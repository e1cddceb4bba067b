-- ===== src/Scheduler/Claim.antt =====
-- internal/scheduler/scheduler.go: how a worker claims the best due task.
pub mod BestDue
pub mod Total
pub mod Exclusive
pub mod Handout
pub mod Commit
use Prim.Native.String.{compare}
use text.Mathlib.Text.{is_lt}
use job_raft.Base.{
  str_ltb, ℕ, zero, suc, String, Bool, true, false, ◌||◌, not, Option, none, some, List, [], ◌∷◌,
  ltb, ltb_ℤ, eq_ℤ, eq_ℕ, inc_int, if◌then◌else◌, ◌==◌, lookup, length, is_some,
}
use job_raft.Task.{
  Status, pending, running, retrying, status_eq, Task, no_task, no_task_available, not_leader,
  worker_unhealthy, claim_lost, add_time,
}
use job_raft.Store.{Result, ok, err, Store}
use job_raft.Scheduler.{
  Scheduler, gate_closed, reserve, unreserve, write_if_state, dependencies_ready, fail_unready_task,
  lease_token_of,
}
use job_raft.Scheduler.Metrics.{observe_queue_latency}
use job_raft.Scheduler.Workers.{worker_healthy}

unfoldable pub is_claimable : Status → Bool
is_claimable status = status_eq status pending || status_eq status retrying

unfoldable pub due_before : Task → Task → Bool
due_before a b =
    if not (eq_ℤ a.priority b.priority)
    then ltb_ℤ b.priority a.priority
    else if not (eq_ℕ a.run_at b.run_at)
    then ltb a.run_at b.run_at
    else str_ltb a.id b.id

-- Whether a candidate takes the place of the best one so far.
unfoldable pub beats : Task → Option (ℕ × Task) → Bool
beats t none = true
beats t (some (_, best)) = due_before t best

-- The scan of `bestDue` from index `i` on, with the best candidate so far.
unfoldable pub scan_due : ℕ → ℕ → List Task → List Bool → Option (ℕ × Task) → Option (ℕ × Task)
scan_due now i [] skip best = best
scan_due now i (t ∷ ts) [] best = best
scan_due now i (t ∷ ts) (skipped ∷ skip) best = scan_due now (suc i) ts skip (
    if skipped || not (is_claimable t.status) || ltb now t.run_at
    then best
    else if beats t best
    then some (i, t)
    else best)

-- `bestDue`: the index, and the task that stands there.
unfoldable pub best_due : List Task → ℕ → List Bool → Option (ℕ × Task)
best_due tasks now skip = scan_due now 0 tasks skip none

-- `skip[index] = true`
unfoldable pub mark : ℕ → List Bool → List Bool
mark i [] = []
mark zero (b ∷ bs) = true ∷ bs
mark (suc i) (b ∷ bs) = b ∷ mark i bs

abbrev pub none_skipped : List Task → List Bool
none_skipped [] = []
none_skipped (t ∷ ts) = false ∷ none_skipped ts

-- The record that a claim writes over `current`.
unfoldable pub claimed_task : {S : Type 0} → ℕ → String → String → Task → Scheduler S → Task
claimed_task now worker_id id current s = record current {
  status = running;
  attempts = inc_int current.attempts;
  started_at = some now;
  worker_id = worker_id;
  lease_until = some (add_time now s.lease_ttl);
  lease_token = lease_token_of now id;
}

-- What one candidate comes to: the claim ends, or goes on with the next candidate.
pub data Attempt (S : Type 0) : Type 0 where
  done : Result Task → Scheduler S → Attempt S
  next : Scheduler S → Attempt S

-- The commit of a reserved candidate, and the end of the round.
unfoldable pub settle : {S : Type 0} → ℕ → String → Result Task × Scheduler S → Attempt S
settle now id (ok t, s) = done (ok t) (observe_queue_latency now t s)
settle now id (err claim_lost, s) = next (unreserve id s)
settle now id (err e, s) = done (err e) (unreserve id s)

-- The claim at a store with an atomic claim of its own.
unfoldable pub claimed_atomically :
    {S : Type 0} → ℕ → Result Task × S → Scheduler S → Result Task × Scheduler S
claimed_atomically now (ok t, st) s = (ok t, observe_queue_latency now t (record s { store = st }))
claimed_atomically now (err no_task_available, st) s = (err no_task, record s { store = st })
claimed_atomically now (err e, st) s = (err e, record s { store = st })

module _ {S : Type 0} (api : Store S) where
  unfoldable pub commit_claim : ℕ → String → String → Scheduler S → Result Task × Scheduler S
  commit_claim now worker_id id s = elim (api.get id s.store) [
    | err e ↦ (err claim_lost, s)
    | ok current ↦
        if not (is_claimable current.status)
        then (err claim_lost, s)
        else if ltb now current.run_at
        then (err claim_lost, s)
        else (let t = claimed_task now worker_id id current s in
            let r = write_if_state api id current.status current.lease_token t s.store in
            elim r.0 [
              | some e ↦ (err claim_lost, record s { store = r.1 })
              | none ↦ (ok t, record s { store = r.1 })
            ])
  ]

  -- The body of the loop of `Claim`. It reads the clock once or twice.
  unfoldable pub try_candidate : ℕ → ℕ → String → Task → Scheduler S → Attempt S
  try_candidate now now' worker_id t s =
      let (ready, problem) = dependencies_ready api t.depends_on s.store in
      if not (problem == "")
      then next (record s { store = fail_unready_task api now t problem s.store })
      else if not ready
      then next s
      else if is_some (lookup t.id s.running)
      then next s
      else settle now' t.id (commit_claim now worker_id t.id (reserve t.id s))

  -- The loop of `Claim`: each round rules one index out, so there are at most `length items`
  -- rounds that find a candidate. `clock n` is the n-th reading from here on.
  unfoldable pub claim_loop :
      ℕ
      → (ℕ → ℕ)
      → ℕ
      → String
      → List Task
      → List Bool
      → Scheduler S
      → Option (Result Task × Scheduler S)
  claim_loop zero clock now worker_id items skip s = none
  claim_loop (suc fuel) clock now worker_id items skip s = elim (best_due items now skip) [
    | none ↦ some (err no_task, s)
    | some (index, t) ↦ elim (try_candidate (clock 0) (clock 1) worker_id t s) [
      | done r s' ↦ some (r, s')
      | next s' ↦ claim_loop fuel (λ n. clock (suc n)) now worker_id items (mark index skip) s'
    ]
  ]

  -- `Claim`. The readings of the clock: for the worker's lease, for the snapshot, and in the loop.
  -- `none` is the fuel running out.
  unfoldable pub claim : ℕ → ℕ → (ℕ → ℕ) → String → Scheduler S → Option (Result Task × Scheduler S)
  claim now_health now clock worker_id s =
      if gate_closed s.leader_gate
      then some (err not_leader, s)
      else if not (worker_healthy api now_health worker_id s)
      then some (err worker_unhealthy, s)
      else elim api.atomic_claimer [
        | some claimer ↦
            some
              (claimed_atomically (clock 0) (claimer.claim_due now worker_id s.lease_ttl s.store) s)
        | none ↦ elim (api.list s.store) [
          | err e ↦ some (err e, s)
          | ok items ↦
              claim_loop (suc (length items)) clock now worker_id items (none_skipped items) s
        ]
      ]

▶ [EXERCISE]: Send back every entry precisely as given.

▶ [PROBLEM SOLUTION]:
repository e1cddceb4bba067b
-- ===== src/Scheduler/Claim.antt =====
-- internal/scheduler/scheduler.go: how a worker claims the best due task.
pub mod BestDue
pub mod Total
pub mod Exclusive
pub mod Handout
pub mod Commit
use Prim.Native.String.{compare}
use text.Mathlib.Text.{is_lt}
use job_raft.Base.{
  str_ltb, ℕ, zero, suc, String, Bool, true, false, ◌||◌, not, Option, none, some, List, [], ◌∷◌,
  ltb, ltb_ℤ, eq_ℤ, eq_ℕ, inc_int, if◌then◌else◌, ◌==◌, lookup, length, is_some,
}
use job_raft.Task.{
  Status, pending, running, retrying, status_eq, Task, no_task, no_task_available, not_leader,
  worker_unhealthy, claim_lost, add_time,
}
use job_raft.Store.{Result, ok, err, Store}
use job_raft.Scheduler.{
  Scheduler, gate_closed, reserve, unreserve, write_if_state, dependencies_ready, fail_unready_task,
  lease_token_of,
}
use job_raft.Scheduler.Metrics.{observe_queue_latency}
use job_raft.Scheduler.Workers.{worker_healthy}

unfoldable pub is_claimable : Status → Bool
is_claimable status = status_eq status pending || status_eq status retrying

unfoldable pub due_before : Task → Task → Bool
due_before a b =
    if not (eq_ℤ a.priority b.priority)
    then ltb_ℤ b.priority a.priority
    else if not (eq_ℕ a.run_at b.run_at)
    then ltb a.run_at b.run_at
    else str_ltb a.id b.id

-- Whether a candidate takes the place of the best one so far.
unfoldable pub beats : Task → Option (ℕ × Task) → Bool
beats t none = true
beats t (some (_, best)) = due_before t best

-- The scan of `bestDue` from index `i` on, with the best candidate so far.
unfoldable pub scan_due : ℕ → ℕ → List Task → List Bool → Option (ℕ × Task) → Option (ℕ × Task)
scan_due now i [] skip best = best
scan_due now i (t ∷ ts) [] best = best
scan_due now i (t ∷ ts) (skipped ∷ skip) best = scan_due now (suc i) ts skip (
    if skipped || not (is_claimable t.status) || ltb now t.run_at
    then best
    else if beats t best
    then some (i, t)
    else best)

-- `bestDue`: the index, and the task that stands there.
unfoldable pub best_due : List Task → ℕ → List Bool → Option (ℕ × Task)
best_due tasks now skip = scan_due now 0 tasks skip none

-- `skip[index] = true`
unfoldable pub mark : ℕ → List Bool → List Bool
mark i [] = []
mark zero (b ∷ bs) = true ∷ bs
mark (suc i) (b ∷ bs) = b ∷ mark i bs

abbrev pub none_skipped : List Task → List Bool
none_skipped [] = []
none_skipped (t ∷ ts) = false ∷ none_skipped ts

-- The record that a claim writes over `current`.
unfoldable pub claimed_task : {S : Type 0} → ℕ → String → String → Task → Scheduler S → Task
claimed_task now worker_id id current s = record current {
  status = running;
  attempts = inc_int current.attempts;
  started_at = some now;
  worker_id = worker_id;
  lease_until = some (add_time now s.lease_ttl);
  lease_token = lease_token_of now id;
}

-- What one candidate comes to: the claim ends, or goes on with the next candidate.
pub data Attempt (S : Type 0) : Type 0 where
  done : Result Task → Scheduler S → Attempt S
  next : Scheduler S → Attempt S

-- The commit of a reserved candidate, and the end of the round.
unfoldable pub settle : {S : Type 0} → ℕ → String → Result Task × Scheduler S → Attempt S
settle now id (ok t, s) = done (ok t) (observe_queue_latency now t s)
settle now id (err claim_lost, s) = next (unreserve id s)
settle now id (err e, s) = done (err e) (unreserve id s)

-- The claim at a store with an atomic claim of its own.
unfoldable pub claimed_atomically :
    {S : Type 0} → ℕ → Result Task × S → Scheduler S → Result Task × Scheduler S
claimed_atomically now (ok t, st) s = (ok t, observe_queue_latency now t (record s { store = st }))
claimed_atomically now (err no_task_available, st) s = (err no_task, record s { store = st })
claimed_atomically now (err e, st) s = (err e, record s { store = st })

module _ {S : Type 0} (api : Store S) where
  unfoldable pub commit_claim : ℕ → String → String → Scheduler S → Result Task × Scheduler S
  commit_claim now worker_id id s = elim (api.get id s.store) [
    | err e ↦ (err claim_lost, s)
    | ok current ↦
        if not (is_claimable current.status)
        then (err claim_lost, s)
        else if ltb now current.run_at
        then (err claim_lost, s)
        else (let t = claimed_task now worker_id id current s in
            let r = write_if_state api id current.status current.lease_token t s.store in
            elim r.0 [
              | some e ↦ (err claim_lost, record s { store = r.1 })
              | none ↦ (ok t, record s { store = r.1 })
            ])
  ]

  -- The body of the loop of `Claim`. It reads the clock once or twice.
  unfoldable pub try_candidate : ℕ → ℕ → String → Task → Scheduler S → Attempt S
  try_candidate now now' worker_id t s =
      let (ready, problem) = dependencies_ready api t.depends_on s.store in
      if not (problem == "")
      then next (record s { store = fail_unready_task api now t problem s.store })
      else if not ready
      then next s
      else if is_some (lookup t.id s.running)
      then next s
      else settle now' t.id (commit_claim now worker_id t.id (reserve t.id s))

  -- The loop of `Claim`: each round rules one index out, so there are at most `length items`
  -- rounds that find a candidate. `clock n` is the n-th reading from here on.
  unfoldable pub claim_loop :
      ℕ
      → (ℕ → ℕ)
      → ℕ
      → String
      → List Task
      → List Bool
      → Scheduler S
      → Option (Result Task × Scheduler S)
  claim_loop zero clock now worker_id items skip s = none
  claim_loop (suc fuel) clock now worker_id items skip s = elim (best_due items now skip) [
    | none ↦ some (err no_task, s)
    | some (index, t) ↦ elim (try_candidate (clock 0) (clock 1) worker_id t s) [
      | done r s' ↦ some (r, s')
      | next s' ↦ claim_loop fuel (λ n. clock (suc n)) now worker_id items (mark index skip) s'
    ]
  ]

  -- `Claim`. The readings of the clock: for the worker's lease, for the snapshot, and in the loop.
  -- `none` is the fuel running out.
  unfoldable pub claim : ℕ → ℕ → (ℕ → ℕ) → String → Scheduler S → Option (Result Task × Scheduler S)
  claim now_health now clock worker_id s =
      if gate_closed s.leader_gate
      then some (err not_leader, s)
      else if not (worker_healthy api now_health worker_id s)
      then some (err worker_unhealthy, s)
      else elim api.atomic_claimer [
        | some claimer ↦
            some
              (claimed_atomically (clock 0) (claimer.claim_due now worker_id s.lease_ttl s.store) s)
        | none ↦ elim (api.list s.store) [
          | err e ↦ some (err e, s)
          | ok items ↦
              claim_loop (suc (length items)) clock now worker_id items (none_skipped items) s
        ]
      ]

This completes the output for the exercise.